● **EXERCISE OBJECTIVE**:
Everything in the listing below from the line containing "(w' : World)" through the line containing "two_peers [] []).net)" must be repeated exactly; the remaining lines are not wanted.

= = = = =

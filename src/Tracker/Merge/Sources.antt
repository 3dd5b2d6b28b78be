-- ===== src/Tracker/Merge/Sources.antt =====
-- Where the addresses in `newpeerip` come from: every peer that an entry lists has announced the
-- version that the entry shows.
use dart_sync.Base.{
  ◌≡◌, ap, subst, sym, Bool, true, false, ◌||◌, ◌&&◌, Option, none, some, List, [], ◌∷◌, CString,
  str_eq, str_eq_iff, str_eq_refl, arith, ok, Bool-cases, inl, inr, All, All-append, ◌==◌,
}
use dart_sync.Table.{Node}
use dart_sync.Tracker.Slots.{add_slot}
use dart_sync.Tracker.Slots.Wf.{listed, IsSlots}
use dart_sync.Tracker.Slots.Add.{add_slot_sound}
use dart_sync.Tracker.Merge.{
  announcer, update_entry, new_entry, find_update, add_unless, merge_file, merge_files,
  update_filetable, display_filetable,
}
use dart_sync.Tracker.Merge.Newest.{entries, merge_files-some}
use dart_sync.Tracker.Merge.Invariant.{
  IsTable, AllSlots, alone, update_entry_cases, merge_file-IsTable,
}
use dart_sync.Tracker.Merge.Versions.{Version, version}

-- The peer `x` is the sender of an entry of the history with this name and version.
abbrev pub announced : CString → Node → List Node → Bool
announced x t [] = false
announced x t (p ∷ history) =
    (str_eq p.name t.name
      && p.timestamp == t.timestamp
      && p.size == t.size
      && str_eq (announcer p) x)
    || announced x t history

abbrev pub Sourced : List Node → List Node → Type 0
Sourced history =
    All (λ t. (x : CString) → listed x t.newpeerip ≡ true → announced x t history ≡ true)

listed-alone : (x ip : CString) → listed x (alone ip) ≡ true → ip ≡ x
listed-alone x [] h = cc
listed-alone x (c ∷ s) h = ground (arith, str_eq_iff (c ∷ s) x)

update_entry-Sourced :
    (t p : Node) (history : List Node)
    → IsSlots t.newpeerip
    → str_eq t.name p.name ≡ true
    → ((x : CString) → listed x t.newpeerip ≡ true → announced x t history ≡ true)
    → (x : CString) → listed x (update_entry t p).newpeerip ≡ true
    → announced x (update_entry t p) (p ∷ history) ≡ true
update_entry-Sourced t p history w hit old x =
    update_entry_cases (λ u. listed x u.newpeerip ≡ true → announced x u (p ∷ history) ≡ true) t p w
      same new (λ h. ground (arith, old x h))
  where
    names : p.name ≡ t.name
    names = sym ((str_eq_iff t.name p.name).0 hit)

    same :
        version t ≡ version p
        → listed x (add_slot (announcer p) t.newpeerip) ≡ true
        → announced x (record t { newpeerip = add_slot (announcer p) t.newpeerip }) (p ∷ history)
          ≡ true
    same v h = ground (
      arith,
      add_slot_sound x (announcer p) t.newpeerip w h,
      old x,
      str_eq_iff (announcer p) x,
      (str_eq_iff p.name t.name).1 names,
      ap (λ (z : Version). z.timestamp) v,
      ap (λ (z : Version). z.size) v,
    )

    new :
        listed x (alone (announcer p)) ≡ true
        → announced x
            (record t {
              size = p.size;
              timestamp = p.timestamp;
              type = p.type;
              status = p.status;
              newpeerip = alone (announcer p);
            })
            (p ∷ history)
          ≡ true
    new h = ground (
      arith,
      listed-alone x (announcer p) h,
      str_eq_iff (announcer p) x,
      (str_eq_iff p.name t.name).1 names,
    )

Sourced-mono :
    (p : Node) (history table : List Node) → Sourced history table → Sourced (p ∷ history) table
Sourced-mono p history [] s = tt
Sourced-mono p history (t ∷ rest) s =
    (λ x h. ground (arith, s.0 x h), Sourced-mono p history rest s.1)

find_update-Sourced :
    (table : List Node) (p : Node) (history : List Node)
    → AllSlots table
    → Sourced history table
    → Sourced (p ∷ history) (find_update p table).0
unfolding find_update
find_update-Sourced [] p history w s = tt
find_update-Sourced (t ∷ rest) p history w s = elim (Bool-cases (str_eq t.name p.name)) [
  | inl hit ↦ rw hit (update_entry-Sourced t p history w.0 hit s.0, Sourced-mono p history rest s.1)
  | inr miss ↦ rw miss (λ x h. ground (arith, s.0 x h), find_update-Sourced rest p history w.1 s.1)
]

new_entry-Sourced :
    (p : Node) (history : List Node) (x : CString)
    → listed x (new_entry p).newpeerip ≡ true
    → announced x (new_entry p) (p ∷ history) ≡ true
unfolding new_entry
new_entry-Sourced p history x h =
    ground (arith, listed-alone x (announcer p) h, str_eq_iff (announcer p) x, str_eq_refl p.name)

merge_file-Sourced :
    (table : List Node) (p : Node) (history : List Node)
    → IsTable table
    → Sourced history table
    → Sourced (p ∷ history) (merge_file table p)
unfolding merge_file add_unless
merge_file-Sourced table p history w s =
    added (find_update p table) (find_update-Sourced table p history w.slots s)
  where
    added :
        (r : List Node × Bool) → Sourced (p ∷ history) r.0 → Sourced (p ∷ history) (add_unless p r)
    added (table', true) s' = s'
    added (table', false) s' =
        All-append _ table' (new_entry p ∷ []) s' (new_entry-Sourced p history, tt)

-- The announcements of a run, the latest first.
abbrev pub later : List Node → List Node → List Node
later [] history = history
later (p ∷ peer_ft) history = later peer_ft (p ∷ history)

merge_files-Sourced :
    (ft : Option (List Node)) (peer_ft history : List Node)
    → IsTable (entries ft)
    → Sourced history (entries ft)
    → Sourced (later peer_ft history) (entries (merge_files ft peer_ft))
unfolding merge_files
merge_files-Sourced none [] history w s = s
merge_files-Sourced (some t) [] history w s = s
merge_files-Sourced none (p ∷ peer_ft) history w s =
    merge_files-Sourced (some (merge_file [] p)) peer_ft (p ∷ history) (merge_file-IsTable [] p w)
      (merge_file-Sourced [] p history w tt)
merge_files-Sourced (some t) (p ∷ peer_ft) history w s =
    merge_files-Sourced (some (merge_file t p)) peer_ft (p ∷ history) (merge_file-IsTable t p w)
      (merge_file-Sourced t p history w s)

-- If every peer that an entry of a well-formed table lists has announced the entry's version, this
-- is so after update_filetable with a table that is not empty, the announced files added to the
-- history.
pub update_filetable-Sourced :
    (ft : Option (List Node)) (p : Node) (peer_ft history : List Node)
    → IsTable (entries ft)
    → Sourced history (entries ft)
    → (table : List Node) × (update_filetable ft (p ∷ peer_ft) ≡ ok (some table))
      × Sourced (later (p ∷ peer_ft) history) table
update_filetable-Sourced ft p peer_ft history w s =
    let (table, e) = merge_files-some ft p peer_ft in
    (
      table,
      unfold update_filetable display_filetable in rw e,
      subst (λ r. Sourced (later (p ∷ peer_ft) history) (entries r)) e
          (merge_files-Sourced ft (p ∷ peer_ft) history w s),
    )
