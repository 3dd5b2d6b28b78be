-- ===== src/Tracker/Merge/Tests.antt =====
-- tracker/tracker.c, `update_filetable`: runs on small tables.
use dart_sync.Base.{
  ◌≡◌, refl, ◌⊎◌, arith, Option, none, some, List, [], ◌∷◌, CString, str_eq, ok, fault,
}
use dart_sync.Table.{Node}
use dart_sync.Examples.{
  notes, edited_notes, old_notes, new_notes, todo_list, old_table, two_files-IsTable,
}
use dart_sync.Tracker.Merge.{
  clear_slots, update_entry, new_entry, find_update, add_unless, merge_file, merge_files,
  display_filetable, update_filetable,
}
use dart_sync.Tracker.Merge.Versions.{join, newest}
use dart_sync.Tracker.Merge.Newest.{entries, newest-update_filetable, update_filetable_comm}
use dart_sync.Tracker.Merge.Invariant.{IsTable, update_filetable-IsTable}
use dart_sync.Tracker.Merge.Sources.{Sourced, later, update_filetable-Sourced}

newest-update_filetable_example :
    (table : List Node) × (update_filetable old_table (new_notes ∷ []) ≡ ok (some table))
    × ((n : CString)
        → newest n table ≡ join (newest n (entries old_table)) (newest n (new_notes ∷ [])))
newest-update_filetable_example = newest-update_filetable old_table new_notes []

update_filetable-IsTable_example :
    (update_filetable old_table (new_notes ∷ []) ≡ fault)
    ⊎ ((ft' : Option (List Node)) × (update_filetable old_table (new_notes ∷ []) ≡ ok ft')
        × IsTable (entries ft'))
update_filetable-IsTable_example =
    update_filetable-IsTable old_table (new_notes ∷ []) two_files-IsTable

abbrev first_announcement : Option (List Node)
first_announcement = some (old_notes ∷ [])

update_filetable_comm_example :
    newest notes (entries (some (new_notes ∷ []))) ≡ newest notes (entries (some (new_notes ∷ [])))
unfolding update_filetable merge_files display_filetable merge_file add_unless find_update
    update_entry new_entry clear_slots str_eq
update_filetable_comm_example =
    update_filetable_comm notes none first_announcement (some (new_notes ∷ []))
      (some (new_notes ∷ [])) (some (new_notes ∷ [])) (old_notes ∷ []) (new_notes ∷ []) refl refl
      refl refl

update_filetable-Sourced_example :
    (table : List Node) × (update_filetable old_table (new_notes ∷ []) ≡ ok (some table))
    × Sourced (later (new_notes ∷ []) (old_notes ∷ todo_list ∷ [])) table
unfolding str_eq
update_filetable-Sourced_example =
    update_filetable-Sourced old_table new_notes [] (old_notes ∷ todo_list ∷ []) two_files-IsTable
      (λ x h. ground arith, (λ x h. ground arith, tt))

-- The newer version takes the place of the older one.
pub update_filetable-new_notes :
    update_filetable old_table (new_notes ∷ []) ≡ ok (some (new_notes ∷ todo_list ∷ []))
unfolding update_filetable merge_files display_filetable merge_file add_unless find_update
    update_entry clear_slots str_eq
update_filetable-new_notes = refl

pub update_filetable-first : update_filetable none (new_notes ∷ []) ≡ ok (some (new_notes ∷ []))
unfolding update_filetable merge_files display_filetable merge_file add_unless find_update new_entry
    clear_slots str_eq
update_filetable-first = refl

pub update_filetable-edited_notes :
    update_filetable old_table (edited_notes ∷ []) ≡ ok (some (edited_notes ∷ todo_list ∷ []))
unfolding update_filetable merge_files display_filetable merge_file add_unless find_update
    update_entry clear_slots str_eq
update_filetable-edited_notes = refl
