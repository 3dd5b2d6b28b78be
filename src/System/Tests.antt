-- ===== src/System/Tests.antt =====
-- One announcement to a tracker with two peers, and what the second one makes of it.
use dart_sync.Base.{ℕ, ◌≡◌, refl, arith, inl, true, some, List, [], ◌∷◌, CString, str_eq, ok}
use dart_sync.Table.{Node, register}
use dart_sync.Examples.{
  alice, bob, notes, edited_notes, old_notes, new_notes, todo_list, old_table, two_files-IsTable,
  cell_a, cell_b, two_peers, two_peers-IsPeers, two_files,
}
use dart_sync.Packet.{Net, PeerPkt, peer_header, TrackerPkt, peer_recvpkt}
use dart_sync.Packet.RoundTrip.{delivered}
use dart_sync.Tracker.Merge.Tests.{update_filetable-new_notes, update_filetable-edited_notes}
use dart_sync.Tracker.Merge.Versions.{version, ◌⊑◌}
use dart_sync.Tracker.Session.{
  broadcast_filetable, World, unset, freed, handshake_step, handshake_steps,
}
use dart_sync.Tracker.Session.Update.{stamp, idle}
use dart_sync.Tracker.Session.Broadcast.{calm}
use dart_sync.System.Agreement.{Arrives, broadcast_filetable-compare_nodes}
use dart_sync.Peer.Sync.Fetch.{Fetches, Gets}
use dart_sync.Peer.Sync.{change, Local, find_node, compare_nodes}
use dart_sync.Tracker.Peers.Chain.{IsPeers}
use dart_sync.Tracker.Peers.Heard.{touch}
use dart_sync.Peer.Main.{filetable_create, main}
use dart_sync.Peer.Monitor.{Watch, Stat, in_modify, notify_event}
use dart_sync.Peer.Monitor.Edit.{connected}
use dart_sync.System.Edit.{notify_event-compare_nodes}
use dart_sync.System.Join.{handshake_step-main}
use dart_sync.System.Beats.{Beat, kept, pass, beats, beats-Punctual}
use dart_sync.System.{world_of, announcement, handshake_steps-compare_nodes}

abbrev local : Local
local = record { file_table = old_notes ∷ []; downloads = []; removed = [] }

handshake_steps-compare_nodes_example :
    (sent' : List (ℕ × TrackerPkt)) × (l' : Local) × (t : Node) × (handshake_steps 3 4
        (world_of old_table two_peers [] [])
        (idle unset)
        (announcement (λ i. i) bob (new_notes ∷ []))
      ≡ ok (calm (new_notes ∷ todo_list ∷ []) two_peers sent' [], idle freed))
    × (peer_recvpkt (delivered 5 sent')
        ≡ some (record { nodes = new_notes ∷ todo_list ∷ []; is_closed = true }, []))
    × (compare_nodes alice (new_notes ∷ todo_list ∷ []) local ≡ ok l')
    × Gets new_notes local l' t
unfolding str_eq find_node
handshake_steps-compare_nodes_example =
    handshake_steps-compare_nodes 3 4 (λ i. i) bob unset old_table (new_notes ∷ [])
      (new_notes ∷ todo_list ∷ []) two_peers (cell_a ∷ cell_b ∷ []) [] [] 5 alice local new_notes
      two_files-IsTable two_peers-IsPeers (omega arith) update_filetable-new_notes refl refl
      (inl refl) (omega arith) (omega arith) (λ current e. ground arith)

abbrev no_net : Net PeerPkt
no_net = record { outcomes = []; sent = []; closed = [] }

handshake_step-main_example :
    (sent' : List (ℕ × TrackerPkt)) × (l' : Local) × (t : Node) × (handshake_step 3 5 300
        (calm two_files two_peers [] [])
        (idle unset)
        (peer_header register bob [])
      ≡ ok (calm two_files two_peers sent' [], idle unset))
    × (main 1 (some 7) bob no_net (delivered 5 sent') ≡ ok (some l'))
    × (find_node notes l'.file_table ≡ some t)
    × (version old_notes ⊑ version t)
    × Fetches old_notes filetable_create l' t
unfolding str_eq
handshake_step-main_example =
    handshake_step-main 3 5 300 0 7 bob two_files two_peers [] [] (idle unset) old_notes no_net refl
      two_files-IsTable.unique (inl refl) (omega arith) (omega arith) refl

abbrev schedule : List Beat
schedule = pass 300 ∷ kept 4 310 7 alice two_files ∷ pass 430 ∷ []

beats-Punctual_example :
    (w' : World) × (beats 3 (λ conn. idle unset) schedule (calm two_files two_peers [] []) ≡ ok w')
    × IsPeers w'.tracker.peers (touch 4 310 (cell_a ∷ cell_b ∷ []))
    × (w'.tracker.ft ≡ some two_files)
    × (w'.tracker.peers.closed ≡ [])
    × (w'.net ≡ (calm two_files two_peers [] []).net)
beats-Punctual_example =
    beats-Punctual 3 (λ conn. idle unset) schedule (calm two_files two_peers [] [])
      (cell_a ∷ cell_b ∷ []) two_peers-IsPeers (omega arith)
      (
        omega arith,
        (
          record { past = omega arith; soon = omega arith },
          (record { past = omega arith; soon = omega arith }, tt),
        ),
        (
          omega arith,
          (
            record { past = omega arith; soon = omega arith },
            (record { past = omega arith; soon = omega arith }, tt),
          ),
          tt,
        ),
      )

-- The folder `s/` and its file.
abbrev folder : CString
folder = 115 ∷ 47 ∷ []

abbrev stat : Stat
stat path = some (12, 7)

notify_event-compare_nodes_example :
    (w' : Watch) × (sent' : List (ℕ × TrackerPkt)) × (l' : Local) × (t : Node) × (notify_event
        in_modify stat stat 8 folder notes
        (connected folder 7 alice (old_notes ∷ []))
      ≡ ok w')
    × (handshake_steps 3 4
          (world_of old_table two_peers [] [])
          (idle unset)
          (stamp (λ i. i) 0 (delivered 7 w'.net.sent))
        ≡ ok (calm (edited_notes ∷ todo_list ∷ []) two_peers sent' [], idle freed))
    × (peer_recvpkt (delivered 5 sent')
        ≡ some (record { nodes = edited_notes ∷ todo_list ∷ []; is_closed = true }, []))
    × (compare_nodes bob (edited_notes ∷ todo_list ∷ []) local ≡ ok l')
    × Gets edited_notes local l' t
    × (record { timestamp = 7; size = 12 } ⊑ version edited_notes)
    × (record { timestamp = 7; size = 12 } ⊑ version t)
unfolding str_eq find_node change
notify_event-compare_nodes_example =
    notify_event-compare_nodes 3 4 8 (λ i. i) stat stat folder notes 12 7 folder 7 alice
      (old_notes ∷ []) old_notes unset old_table (edited_notes ∷ todo_list ∷ []) two_peers
      (cell_a ∷ cell_b ∷ []) [] [] 5 bob local edited_notes (λ e. cc e) refl refl refl refl refl
      (omega arith) (omega arith) two_files-IsTable two_peers-IsPeers (omega arith)
      update_filetable-edited_notes refl refl (inl refl) (omega arith) (omega arith)
      (λ current e. ground arith)

abbrev blank_local : Local
blank_local = record { file_table = []; downloads = []; removed = [] }

broadcast_filetable-compare_nodes_example :
    (sent' : List (ℕ × TrackerPkt)) × (t : Node) × (u : Node) × (broadcast_filetable 3
        (calm (new_notes ∷ todo_list ∷ []) two_peers [] [])
      ≡ ok (true, calm (new_notes ∷ todo_list ∷ []) two_peers sent' []))
    × Arrives 4 alice (new_notes ∷ todo_list ∷ []) sent' new_notes local t
    × Arrives 5 bob (new_notes ∷ todo_list ∷ []) sent' new_notes blank_local u
unfolding str_eq find_node
broadcast_filetable-compare_nodes_example =
    broadcast_filetable-compare_nodes 3 (new_notes ∷ todo_list ∷ []) two_peers
      (cell_a ∷ cell_b ∷ []) [] [] 4 5 alice bob local blank_local new_notes two_peers-IsPeers
      (omega arith) refl refl refl refl (refl, (refl, tt)) (inl refl) (omega arith) (omega arith)
      (λ current e. (ground arith, ground arith, λ dead same. ground arith))
      (λ current e. absurd (cc e))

= = = = =

● **ANSWER**:
    (w' : World) × (beats 3 (λ conn. idle unset) schedule (calm two_files two_peers [] []) ≡ ok w')
    × IsPeers w'.tracker.peers (touch 4 310 (cell_a ∷ cell_b ∷ []))
    × (w'.tracker.ft ≡ some two_files)
    × (w'.tracker.peers.closed ≡ [])
    × (w'.net ≡ (calm two_files two_peers [] []).net)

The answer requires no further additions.